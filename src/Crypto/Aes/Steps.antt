-- ===== src/Crypto/Aes/Steps.antt =====
-- Each step of the cipher keeps a block a block, and each inverse step undoes its step.
use home_io_control_wio_b2b.Base.{
  ℕ, suc, ◌+◌, ◌*◌, ◌≡◌, refl, ap, ap₂, ◌∙◌, true, List, [], ◌∷◌, length, All, All-get_or, IsByte,
  arith, ltb, ltb→lt,
}
use home_io_control_wio_b2b.Base.Bits.Table.{passes_below, passes_below_lem, eq_below}
use home_io_control_wio_b2b.Base.Bits.Xor.{xor_twice}
use home_io_control_wio_b2b.Crypto.Aes.{
  at, aes_sbox, aes_inv_sbox, xor_at, aes_add_round_key, aes_sub_bytes, aes_inv_sub_bytes,
  aes_shift_rows, aes_inv_shift_rows,
}
use home_io_control_wio_b2b.Crypto.Aes.Field.{xor-IsByte}

-- Sixteen bytes.
abbrev pub IsBlock : List ℕ → Type 0
IsBlock s = (length s ≡ 16) × All IsByte s

pub at-IsByte : (s : List ℕ) (i : ℕ) → All IsByte s → IsByte (at s i)
at-IsByte s i h = All-get_or IsByte s i 0 h (omega arith)

-- A block by its bytes.
pub data Sixteen : List ℕ → Type 0 where
  sixteen :
      (a b c d e f g h i j k l m n o p : ℕ)
      → Sixteen (a ∷ b ∷ c ∷ d ∷ e ∷ f ∷ g ∷ h ∷ i ∷ j ∷ k ∷ l ∷ m ∷ n ∷ o ∷ p ∷ [])

Sixteen-nil :
    (a b c d e f g h i j k l m n o p : ℕ) (r : List ℕ)
    → length r ≡ 0
    → Sixteen (a ∷ b ∷ c ∷ d ∷ e ∷ f ∷ g ∷ h ∷ i ∷ j ∷ k ∷ l ∷ m ∷ n ∷ o ∷ p ∷ r)
Sixteen-nil a b c d e f g h i j k l m n o p [] z = sixteen a b c d e f g h i j k l m n o p
Sixteen-nil a b c d e f g h i j k l m n o p (x ∷ r) z = absurd (omega arith)

pub uncons :
    (n : ℕ) (s : List ℕ) → length s ≡ suc n → (x : ℕ) × (r : List ℕ) × (s ≡ x ∷ r) × (length r ≡ n)
uncons n [] e = absurd (omega arith)
uncons n (x ∷ r) e = (x, r, refl, omega arith)

pub Sixteen-length : (s : List ℕ) → length s ≡ 16 → Sixteen s
Sixteen-length s e0 =
    let (a, s1, p1, e1) = uncons 15 s e0 in
    let (b, s2, p2, e2) = uncons 14 s1 e1 in
    let (c, s3, p3, e3) = uncons 13 s2 e2 in
    let (d, s4, p4, e4) = uncons 12 s3 e3 in
    let (e, s5, p5, e5) = uncons 11 s4 e4 in
    let (f, s6, p6, e6) = uncons 10 s5 e5 in
    let (g, s7, p7, e7) = uncons 9 s6 e6 in
    let (h, s8, p8, e8) = uncons 8 s7 e7 in
    let (i, s9, p9, e9) = uncons 7 s8 e8 in
    let (j, s10, p10, e10) = uncons 6 s9 e9 in
    let (k, s11, p11, e11) = uncons 5 s10 e10 in
    let (l, s12, p12, e12) = uncons 4 s11 e11 in
    let (m, s13, p13, e13) = uncons 3 s12 e12 in
    let (n, s14, p14, e14) = uncons 2 s13 e13 in
    let (o, s15, p15, e15) = uncons 1 s14 e14 in
    let (p, s16, p16, e16) = uncons 0 s15 e15 in
    rw (p1, p2, p3, p4, p5, p6, p7, p8, p9, p10, p11, p12, p13, p14, p15, p16)
      (Sixteen-nil a b c d e f g h i j k l m n o p s16 e16)

-- AddRoundKey.
length-xor_at : (s rks : List ℕ) (offset : ℕ) → length (xor_at s rks offset) ≡ length s
unfolding xor_at
length-xor_at [] rks offset = refl
length-xor_at (x ∷ xs) rks offset = ap suc (length-xor_at xs rks (offset + 1))

xor_at-IsByte :
    (s rks : List ℕ) (offset : ℕ) → All IsByte s → All IsByte rks → All IsByte (xor_at s rks offset)
unfolding xor_at
xor_at-IsByte [] rks offset hs hr = tt
xor_at-IsByte (x ∷ xs) rks offset (h, hs) hr =
    (xor-IsByte x _ h (at-IsByte rks offset hr), xor_at-IsByte xs rks (offset + 1) hs hr)

xor_at_twice : (s rks : List ℕ) (offset : ℕ) → xor_at (xor_at s rks offset) rks offset ≡ s
unfolding xor_at
xor_at_twice [] rks offset = refl
xor_at_twice (x ∷ xs) rks offset =
    ap₂ ◌∷◌ (xor_twice x (at rks offset)) (xor_at_twice xs rks (offset + 1))

pub add_round_key-IsBlock :
    (s rks : List ℕ) (r : ℕ) → IsBlock s → All IsByte rks → IsBlock (aes_add_round_key s rks r)
unfolding aes_add_round_key
add_round_key-IsBlock s rks r (n, h) hr =
    (length-xor_at s rks (r * 16) ∙ n, xor_at-IsByte s rks (r * 16) h hr)

pub length-add_round_key : (s rks : List ℕ) (r : ℕ) → length (aes_add_round_key s rks r) ≡ length s
unfolding aes_add_round_key
length-add_round_key s rks r = length-xor_at s rks (r * 16)

pub add_round_key_twice :
    (s rks : List ℕ) (r : ℕ) → aes_add_round_key (aes_add_round_key s rks r) rks r ≡ s
unfolding aes_add_round_key
add_round_key_twice s rks r = xor_at_twice s rks (r * 16)

-- SubBytes.
sbox_table : passes_below 256 (λ b. ltb (at aes_sbox b) 256) ≡ true
unfolding passes_below aes_sbox
sbox_table = refl

pub sbox-IsByte : (b : ℕ) → IsByte b → IsByte (at aes_sbox b)
sbox-IsByte b h = ltb→lt _ _ (passes_below_lem 256 (λ b. ltb (at aes_sbox b) 256) b sbox_table h)

inv_sbox-sbox : (b : ℕ) → IsByte b → at aes_inv_sbox (at aes_sbox b) ≡ b
unfolding passes_below aes_sbox aes_inv_sbox
inv_sbox-sbox = eq_below 256 (λ b. at aes_inv_sbox (at aes_sbox b)) (λ b. b) refl

sub_bytes-IsByte : (s : List ℕ) → All IsByte s → All IsByte (aes_sub_bytes s)
unfolding aes_sub_bytes
sub_bytes-IsByte [] h = tt
sub_bytes-IsByte (x ∷ xs) (h, hs) = (sbox-IsByte x h, sub_bytes-IsByte xs hs)

length-sub_bytes : (s : List ℕ) → length (aes_sub_bytes s) ≡ length s
unfolding aes_sub_bytes
length-sub_bytes [] = refl
length-sub_bytes (x ∷ xs) = ap suc (length-sub_bytes xs)

pub sub_bytes-IsBlock : (s : List ℕ) → IsBlock s → IsBlock (aes_sub_bytes s)
sub_bytes-IsBlock s (n, h) = (length-sub_bytes s ∙ n, sub_bytes-IsByte s h)

pub inv_sub_bytes-sub_bytes : (s : List ℕ) → All IsByte s → aes_inv_sub_bytes (aes_sub_bytes s) ≡ s
unfolding aes_sub_bytes aes_inv_sub_bytes
inv_sub_bytes-sub_bytes [] h = refl
inv_sub_bytes-sub_bytes (x ∷ xs) (h, hs) =
    ap₂ ◌∷◌ (inv_sbox-sbox x h) (inv_sub_bytes-sub_bytes xs hs)

-- ShiftRows.
pub shift_rows-IsBlock : (s : List ℕ) → IsBlock s → IsBlock (aes_shift_rows s)
unfolding aes_shift_rows
shift_rows-IsBlock s (n, h) = (
  refl,
  (
    b 0,
    (
      b 5,
      (
        b 10,
        (
          b 15,
          (
            b 4,
            (b 9, (b 14, (b 3, (b 8, (b 13, (b 2, (b 7, (b 12, (b 1, (b 6, (b 11, tt))))))))))),
          ),
        ),
      ),
    ),
  ),
)
  where
    b : (i : ℕ) → IsByte (at s i)
    b i = at-IsByte s i h

inv_shift_lem : (s : List ℕ) → Sixteen s → aes_inv_shift_rows (aes_shift_rows s) ≡ s
unfolding aes_shift_rows aes_inv_shift_rows
inv_shift_lem _ (sixteen a b c d e f g h i j k l m n o p) = refl

pub inv_shift_rows-shift_rows : (s : List ℕ) → IsBlock s → aes_inv_shift_rows (aes_shift_rows s) ≡ s
inv_shift_rows-shift_rows s h = inv_shift_lem s (Sixteen-length s h.0)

::::::

**What to do**
Restate word for word the lines of the data above, starting at the line containing "ℕ) (r : List ℕ)" and ending at the line containing "let (e, s5, p5, e5) = uncons 11 s4 e4 in", both included, and nothing more.

**Written solution**
    (a b c d e f g h i j k l m n o p : ℕ) (r : List ℕ)
    → length r ≡ 0
    → Sixteen (a ∷ b ∷ c ∷ d ∷ e ∷ f ∷ g ∷ h ∷ i ∷ j ∷ k ∷ l ∷ m ∷ n ∷ o ∷ p ∷ r)
Sixteen-nil a b c d e f g h i j k l m n o p [] z = sixteen a b c d e f g h i j k l m n o p
Sixteen-nil a b c d e f g h i j k l m n o p (x ∷ r) z = absurd (omega arith)

pub uncons :
    (n : ℕ) (s : List ℕ) → length s ≡ suc n → (x : ℕ) × (r : List ℕ) × (s ≡ x ∷ r) × (length r ≡ n)
uncons n [] e = absurd (omega arith)
uncons n (x ∷ r) e = (x, r, refl, omega arith)

pub Sixteen-length : (s : List ℕ) → length s ≡ 16 → Sixteen s
Sixteen-length s e0 =
    let (a, s1, p1, e1) = uncons 15 s e0 in
    let (b, s2, p2, e2) = uncons 14 s1 e1 in
    let (c, s3, p3, e3) = uncons 13 s2 e2 in
    let (d, s4, p4, e4) = uncons 12 s3 e3 in
    let (e, s5, p5, e5) = uncons 11 s4 e4 in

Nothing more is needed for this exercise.